● **What the task asks**: Each entry needs to appear again, retyped exactly as it is below.

^^^^

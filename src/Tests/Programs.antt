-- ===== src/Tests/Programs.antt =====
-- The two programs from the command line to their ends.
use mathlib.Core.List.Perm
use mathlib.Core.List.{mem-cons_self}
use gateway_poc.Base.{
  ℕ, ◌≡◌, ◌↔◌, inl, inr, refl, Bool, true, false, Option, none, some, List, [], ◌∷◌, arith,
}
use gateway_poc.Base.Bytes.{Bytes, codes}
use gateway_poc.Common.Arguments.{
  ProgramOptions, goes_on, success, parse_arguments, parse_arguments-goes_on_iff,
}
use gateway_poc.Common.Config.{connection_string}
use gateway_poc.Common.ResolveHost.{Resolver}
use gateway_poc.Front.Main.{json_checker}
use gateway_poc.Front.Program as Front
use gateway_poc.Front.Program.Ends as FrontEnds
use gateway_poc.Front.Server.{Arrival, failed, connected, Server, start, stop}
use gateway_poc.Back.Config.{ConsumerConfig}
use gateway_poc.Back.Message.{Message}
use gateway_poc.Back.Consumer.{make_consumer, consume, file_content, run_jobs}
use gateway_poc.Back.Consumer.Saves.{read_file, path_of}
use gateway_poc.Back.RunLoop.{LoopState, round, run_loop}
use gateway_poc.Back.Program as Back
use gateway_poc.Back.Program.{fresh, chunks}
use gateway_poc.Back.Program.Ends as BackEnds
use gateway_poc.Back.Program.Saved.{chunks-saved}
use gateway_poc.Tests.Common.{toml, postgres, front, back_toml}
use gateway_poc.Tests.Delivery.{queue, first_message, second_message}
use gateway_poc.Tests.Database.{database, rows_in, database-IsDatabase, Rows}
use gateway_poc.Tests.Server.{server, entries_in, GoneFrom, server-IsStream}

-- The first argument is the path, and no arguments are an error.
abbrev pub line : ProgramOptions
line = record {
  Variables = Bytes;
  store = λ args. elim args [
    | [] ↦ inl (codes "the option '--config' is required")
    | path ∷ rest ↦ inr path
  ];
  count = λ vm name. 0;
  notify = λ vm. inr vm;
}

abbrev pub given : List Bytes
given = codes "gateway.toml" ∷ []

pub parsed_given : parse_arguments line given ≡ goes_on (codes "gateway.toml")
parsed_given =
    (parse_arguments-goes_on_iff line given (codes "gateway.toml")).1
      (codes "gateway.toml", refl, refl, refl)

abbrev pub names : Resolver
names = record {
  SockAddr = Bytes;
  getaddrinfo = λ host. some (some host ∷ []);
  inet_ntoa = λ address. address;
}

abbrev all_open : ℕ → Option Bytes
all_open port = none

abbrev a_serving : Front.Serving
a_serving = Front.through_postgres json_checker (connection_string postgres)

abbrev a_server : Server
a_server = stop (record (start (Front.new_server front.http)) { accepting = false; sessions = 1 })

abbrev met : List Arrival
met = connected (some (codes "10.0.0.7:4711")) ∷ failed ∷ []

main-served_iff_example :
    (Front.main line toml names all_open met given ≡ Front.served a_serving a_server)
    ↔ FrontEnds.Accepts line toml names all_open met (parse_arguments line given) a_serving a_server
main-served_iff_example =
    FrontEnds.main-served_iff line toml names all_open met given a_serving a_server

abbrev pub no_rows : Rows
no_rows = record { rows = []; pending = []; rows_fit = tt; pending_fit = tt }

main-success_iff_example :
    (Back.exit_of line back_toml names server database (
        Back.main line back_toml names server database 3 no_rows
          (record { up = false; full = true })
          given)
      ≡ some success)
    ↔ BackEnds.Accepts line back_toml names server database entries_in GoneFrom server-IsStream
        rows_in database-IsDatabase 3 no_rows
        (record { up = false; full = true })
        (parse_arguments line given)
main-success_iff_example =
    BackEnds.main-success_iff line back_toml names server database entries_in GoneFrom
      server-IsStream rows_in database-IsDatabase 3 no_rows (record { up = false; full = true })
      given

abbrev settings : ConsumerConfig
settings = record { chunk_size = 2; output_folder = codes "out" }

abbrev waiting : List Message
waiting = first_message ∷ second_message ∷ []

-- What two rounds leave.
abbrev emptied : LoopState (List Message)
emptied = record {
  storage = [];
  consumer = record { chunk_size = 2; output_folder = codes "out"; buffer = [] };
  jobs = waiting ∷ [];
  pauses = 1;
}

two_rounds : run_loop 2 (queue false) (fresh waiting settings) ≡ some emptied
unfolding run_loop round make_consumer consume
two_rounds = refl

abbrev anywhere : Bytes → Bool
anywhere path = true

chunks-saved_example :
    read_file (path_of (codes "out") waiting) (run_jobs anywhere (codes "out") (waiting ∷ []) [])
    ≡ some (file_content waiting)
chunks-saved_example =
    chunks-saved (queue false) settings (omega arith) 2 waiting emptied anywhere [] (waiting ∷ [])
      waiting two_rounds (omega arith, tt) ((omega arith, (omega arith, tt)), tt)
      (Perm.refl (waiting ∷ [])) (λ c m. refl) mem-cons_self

^^^^

● **Answer to the problem**:
filename src/Tests/Programs.antt
-- ===== src/Tests/Programs.antt =====
-- The two programs from the command line to their ends.
use mathlib.Core.List.Perm
use mathlib.Core.List.{mem-cons_self}
use gateway_poc.Base.{
  ℕ, ◌≡◌, ◌↔◌, inl, inr, refl, Bool, true, false, Option, none, some, List, [], ◌∷◌, arith,
}
use gateway_poc.Base.Bytes.{Bytes, codes}
use gateway_poc.Common.Arguments.{
  ProgramOptions, goes_on, success, parse_arguments, parse_arguments-goes_on_iff,
}
use gateway_poc.Common.Config.{connection_string}
use gateway_poc.Common.ResolveHost.{Resolver}
use gateway_poc.Front.Main.{json_checker}
use gateway_poc.Front.Program as Front
use gateway_poc.Front.Program.Ends as FrontEnds
use gateway_poc.Front.Server.{Arrival, failed, connected, Server, start, stop}
use gateway_poc.Back.Config.{ConsumerConfig}
use gateway_poc.Back.Message.{Message}
use gateway_poc.Back.Consumer.{make_consumer, consume, file_content, run_jobs}
use gateway_poc.Back.Consumer.Saves.{read_file, path_of}
use gateway_poc.Back.RunLoop.{LoopState, round, run_loop}
use gateway_poc.Back.Program as Back
use gateway_poc.Back.Program.{fresh, chunks}
use gateway_poc.Back.Program.Ends as BackEnds
use gateway_poc.Back.Program.Saved.{chunks-saved}
use gateway_poc.Tests.Common.{toml, postgres, front, back_toml}
use gateway_poc.Tests.Delivery.{queue, first_message, second_message}
use gateway_poc.Tests.Database.{database, rows_in, database-IsDatabase, Rows}
use gateway_poc.Tests.Server.{server, entries_in, GoneFrom, server-IsStream}

-- The first argument is the path, and no arguments are an error.
abbrev pub line : ProgramOptions
line = record {
  Variables = Bytes;
  store = λ args. elim args [
    | [] ↦ inl (codes "the option '--config' is required")
    | path ∷ rest ↦ inr path
  ];
  count = λ vm name. 0;
  notify = λ vm. inr vm;
}

abbrev pub given : List Bytes
given = codes "gateway.toml" ∷ []

pub parsed_given : parse_arguments line given ≡ goes_on (codes "gateway.toml")
parsed_given =
    (parse_arguments-goes_on_iff line given (codes "gateway.toml")).1
      (codes "gateway.toml", refl, refl, refl)

abbrev pub names : Resolver
names = record {
  SockAddr = Bytes;
  getaddrinfo = λ host. some (some host ∷ []);
  inet_ntoa = λ address. address;
}

abbrev all_open : ℕ → Option Bytes
all_open port = none

abbrev a_serving : Front.Serving
a_serving = Front.through_postgres json_checker (connection_string postgres)

abbrev a_server : Server
a_server = stop (record (start (Front.new_server front.http)) { accepting = false; sessions = 1 })

abbrev met : List Arrival
met = connected (some (codes "10.0.0.7:4711")) ∷ failed ∷ []

main-served_iff_example :
    (Front.main line toml names all_open met given ≡ Front.served a_serving a_server)
    ↔ FrontEnds.Accepts line toml names all_open met (parse_arguments line given) a_serving a_server
main-served_iff_example =
    FrontEnds.main-served_iff line toml names all_open met given a_serving a_server

abbrev pub no_rows : Rows
no_rows = record { rows = []; pending = []; rows_fit = tt; pending_fit = tt }

main-success_iff_example :
    (Back.exit_of line back_toml names server database (
        Back.main line back_toml names server database 3 no_rows
          (record { up = false; full = true })
          given)
      ≡ some success)
    ↔ BackEnds.Accepts line back_toml names server database entries_in GoneFrom server-IsStream
        rows_in database-IsDatabase 3 no_rows
        (record { up = false; full = true })
        (parse_arguments line given)
main-success_iff_example =
    BackEnds.main-success_iff line back_toml names server database entries_in GoneFrom
      server-IsStream rows_in database-IsDatabase 3 no_rows (record { up = false; full = true })
      given

abbrev settings : ConsumerConfig
settings = record { chunk_size = 2; output_folder = codes "out" }

abbrev waiting : List Message
waiting = first_message ∷ second_message ∷ []

-- What two rounds leave.
abbrev emptied : LoopState (List Message)
emptied = record {
  storage = [];
  consumer = record { chunk_size = 2; output_folder = codes "out"; buffer = [] };
  jobs = waiting ∷ [];
  pauses = 1;
}

two_rounds : run_loop 2 (queue false) (fresh waiting settings) ≡ some emptied
unfolding run_loop round make_consumer consume
two_rounds = refl

abbrev anywhere : Bytes → Bool
anywhere path = true

chunks-saved_example :
    read_file (path_of (codes "out") waiting) (run_jobs anywhere (codes "out") (waiting ∷ []) [])
    ≡ some (file_content waiting)
chunks-saved_example =
    chunks-saved (queue false) settings (omega arith) 2 waiting emptied anywhere [] (waiting ∷ [])
      waiting two_rounds (omega arith, tt) ((omega arith, (omega arith, tt)), tt)
      (Perm.refl (waiting ∷ [])) (λ c m. refl) mem-cons_self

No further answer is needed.